■ Exercise directions:
Gather each line containing the string "decimal" from these entries.
-- Opening Marker --
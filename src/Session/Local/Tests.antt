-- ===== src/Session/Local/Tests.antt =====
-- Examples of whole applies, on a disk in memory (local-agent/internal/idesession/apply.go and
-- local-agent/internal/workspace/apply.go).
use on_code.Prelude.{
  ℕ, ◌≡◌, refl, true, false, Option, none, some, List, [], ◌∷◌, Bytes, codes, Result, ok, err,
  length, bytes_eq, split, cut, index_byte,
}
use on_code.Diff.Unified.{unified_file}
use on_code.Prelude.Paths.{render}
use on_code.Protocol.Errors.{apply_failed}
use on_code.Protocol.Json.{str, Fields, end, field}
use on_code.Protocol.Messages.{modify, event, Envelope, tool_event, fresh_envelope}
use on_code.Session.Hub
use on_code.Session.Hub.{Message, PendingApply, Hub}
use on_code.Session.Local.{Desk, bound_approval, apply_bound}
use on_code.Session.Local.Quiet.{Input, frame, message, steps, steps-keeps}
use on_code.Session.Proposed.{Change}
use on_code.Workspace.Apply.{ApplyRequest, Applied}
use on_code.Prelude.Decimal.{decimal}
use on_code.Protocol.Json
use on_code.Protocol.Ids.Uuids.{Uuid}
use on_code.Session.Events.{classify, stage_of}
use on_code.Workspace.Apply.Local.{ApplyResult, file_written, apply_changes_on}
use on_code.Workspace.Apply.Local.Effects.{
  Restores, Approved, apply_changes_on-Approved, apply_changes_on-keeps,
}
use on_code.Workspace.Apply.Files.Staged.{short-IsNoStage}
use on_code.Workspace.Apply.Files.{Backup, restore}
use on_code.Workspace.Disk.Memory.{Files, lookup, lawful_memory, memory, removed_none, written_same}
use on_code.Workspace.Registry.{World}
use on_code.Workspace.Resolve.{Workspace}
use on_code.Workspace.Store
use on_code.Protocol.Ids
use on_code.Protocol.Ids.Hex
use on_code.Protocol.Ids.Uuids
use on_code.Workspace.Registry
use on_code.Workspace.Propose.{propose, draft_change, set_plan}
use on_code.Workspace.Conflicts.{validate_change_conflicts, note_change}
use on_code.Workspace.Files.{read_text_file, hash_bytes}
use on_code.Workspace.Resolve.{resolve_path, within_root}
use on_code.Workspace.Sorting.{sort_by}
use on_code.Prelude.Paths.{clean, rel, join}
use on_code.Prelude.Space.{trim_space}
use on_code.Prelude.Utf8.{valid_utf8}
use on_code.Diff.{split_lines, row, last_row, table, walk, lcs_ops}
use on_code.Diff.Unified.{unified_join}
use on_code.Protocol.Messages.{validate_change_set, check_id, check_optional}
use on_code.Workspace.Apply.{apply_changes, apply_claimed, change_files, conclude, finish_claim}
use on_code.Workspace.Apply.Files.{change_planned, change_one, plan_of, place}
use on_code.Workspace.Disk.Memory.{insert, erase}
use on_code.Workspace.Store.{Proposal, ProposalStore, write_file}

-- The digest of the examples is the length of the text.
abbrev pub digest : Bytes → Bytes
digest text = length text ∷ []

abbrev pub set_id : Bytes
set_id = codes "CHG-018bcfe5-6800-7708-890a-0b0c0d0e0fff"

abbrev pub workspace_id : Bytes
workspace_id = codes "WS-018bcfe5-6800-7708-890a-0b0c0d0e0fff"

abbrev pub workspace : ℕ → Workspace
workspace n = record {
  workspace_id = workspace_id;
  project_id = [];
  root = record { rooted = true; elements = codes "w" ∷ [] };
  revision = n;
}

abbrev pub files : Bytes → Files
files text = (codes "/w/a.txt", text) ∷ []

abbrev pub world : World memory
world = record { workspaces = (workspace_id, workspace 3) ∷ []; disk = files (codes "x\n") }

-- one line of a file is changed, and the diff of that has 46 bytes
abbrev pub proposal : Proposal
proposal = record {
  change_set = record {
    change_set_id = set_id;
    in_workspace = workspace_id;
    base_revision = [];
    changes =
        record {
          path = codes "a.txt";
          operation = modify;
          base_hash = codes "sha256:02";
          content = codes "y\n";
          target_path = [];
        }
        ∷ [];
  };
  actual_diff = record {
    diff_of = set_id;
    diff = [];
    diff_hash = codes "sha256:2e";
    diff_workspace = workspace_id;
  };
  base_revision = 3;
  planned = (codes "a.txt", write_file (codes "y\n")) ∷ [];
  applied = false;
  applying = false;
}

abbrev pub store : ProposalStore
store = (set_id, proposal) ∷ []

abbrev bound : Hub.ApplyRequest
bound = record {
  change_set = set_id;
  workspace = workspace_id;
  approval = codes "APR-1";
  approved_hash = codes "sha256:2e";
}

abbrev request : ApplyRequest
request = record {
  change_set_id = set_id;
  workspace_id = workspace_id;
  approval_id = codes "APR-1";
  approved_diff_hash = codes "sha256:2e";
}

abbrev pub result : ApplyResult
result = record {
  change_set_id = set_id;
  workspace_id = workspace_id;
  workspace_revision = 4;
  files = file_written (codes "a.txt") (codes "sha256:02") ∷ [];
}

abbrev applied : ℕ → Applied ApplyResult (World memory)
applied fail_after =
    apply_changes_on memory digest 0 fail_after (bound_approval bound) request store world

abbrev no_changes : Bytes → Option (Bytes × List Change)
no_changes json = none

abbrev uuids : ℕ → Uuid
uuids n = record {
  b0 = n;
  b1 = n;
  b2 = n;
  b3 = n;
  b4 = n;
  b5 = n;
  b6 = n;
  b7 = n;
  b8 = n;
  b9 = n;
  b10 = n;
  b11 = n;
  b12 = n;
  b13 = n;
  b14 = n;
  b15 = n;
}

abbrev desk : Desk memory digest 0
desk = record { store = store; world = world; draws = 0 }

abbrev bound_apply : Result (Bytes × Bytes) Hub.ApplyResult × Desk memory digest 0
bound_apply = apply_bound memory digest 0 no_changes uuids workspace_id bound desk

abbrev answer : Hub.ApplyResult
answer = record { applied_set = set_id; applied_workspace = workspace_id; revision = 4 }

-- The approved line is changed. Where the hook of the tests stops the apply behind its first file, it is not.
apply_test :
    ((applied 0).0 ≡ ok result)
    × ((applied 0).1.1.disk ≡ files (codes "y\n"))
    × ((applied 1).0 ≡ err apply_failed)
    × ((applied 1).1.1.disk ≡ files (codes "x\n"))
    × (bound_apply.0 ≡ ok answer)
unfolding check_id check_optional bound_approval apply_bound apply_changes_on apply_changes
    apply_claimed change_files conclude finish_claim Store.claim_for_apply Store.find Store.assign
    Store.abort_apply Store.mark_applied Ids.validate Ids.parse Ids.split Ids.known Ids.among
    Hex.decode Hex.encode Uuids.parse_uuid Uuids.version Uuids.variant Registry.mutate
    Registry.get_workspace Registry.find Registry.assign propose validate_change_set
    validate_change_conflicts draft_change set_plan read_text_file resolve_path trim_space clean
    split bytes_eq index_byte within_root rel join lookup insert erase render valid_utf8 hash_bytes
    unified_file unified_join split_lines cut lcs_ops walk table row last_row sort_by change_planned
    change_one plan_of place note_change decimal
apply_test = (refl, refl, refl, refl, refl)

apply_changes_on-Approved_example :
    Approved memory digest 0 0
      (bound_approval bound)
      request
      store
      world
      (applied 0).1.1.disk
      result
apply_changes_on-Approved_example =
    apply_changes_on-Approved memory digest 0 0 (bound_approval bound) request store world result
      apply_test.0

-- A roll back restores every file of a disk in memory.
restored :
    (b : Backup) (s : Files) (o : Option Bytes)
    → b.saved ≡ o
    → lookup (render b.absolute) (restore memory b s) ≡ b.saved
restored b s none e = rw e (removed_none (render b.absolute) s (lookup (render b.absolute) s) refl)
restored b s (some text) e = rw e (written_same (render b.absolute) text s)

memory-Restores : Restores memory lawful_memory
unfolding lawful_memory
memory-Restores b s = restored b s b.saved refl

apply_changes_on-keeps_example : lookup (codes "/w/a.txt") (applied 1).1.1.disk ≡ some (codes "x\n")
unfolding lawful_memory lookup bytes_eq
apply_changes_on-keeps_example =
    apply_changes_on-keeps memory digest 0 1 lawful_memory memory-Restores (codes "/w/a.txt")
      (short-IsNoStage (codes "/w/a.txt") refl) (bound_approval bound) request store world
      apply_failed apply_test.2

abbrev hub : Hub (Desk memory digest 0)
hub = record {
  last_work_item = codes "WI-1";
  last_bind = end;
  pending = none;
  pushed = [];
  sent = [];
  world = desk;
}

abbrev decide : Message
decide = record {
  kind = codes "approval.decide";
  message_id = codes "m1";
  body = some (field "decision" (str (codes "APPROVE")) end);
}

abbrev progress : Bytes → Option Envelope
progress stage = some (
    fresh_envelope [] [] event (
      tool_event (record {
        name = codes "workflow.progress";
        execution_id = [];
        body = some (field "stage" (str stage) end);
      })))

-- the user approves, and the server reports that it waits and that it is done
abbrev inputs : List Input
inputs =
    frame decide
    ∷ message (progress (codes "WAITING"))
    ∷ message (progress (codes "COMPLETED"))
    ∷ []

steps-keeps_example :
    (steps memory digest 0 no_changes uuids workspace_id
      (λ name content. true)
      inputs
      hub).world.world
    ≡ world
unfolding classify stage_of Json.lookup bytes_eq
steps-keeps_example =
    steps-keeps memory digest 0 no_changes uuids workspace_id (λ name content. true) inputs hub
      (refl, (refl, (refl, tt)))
-- Closing Marker --
■ Written answer:
use on_code.Prelude.Decimal.{decimal}
    change_one plan_of place note_change decimal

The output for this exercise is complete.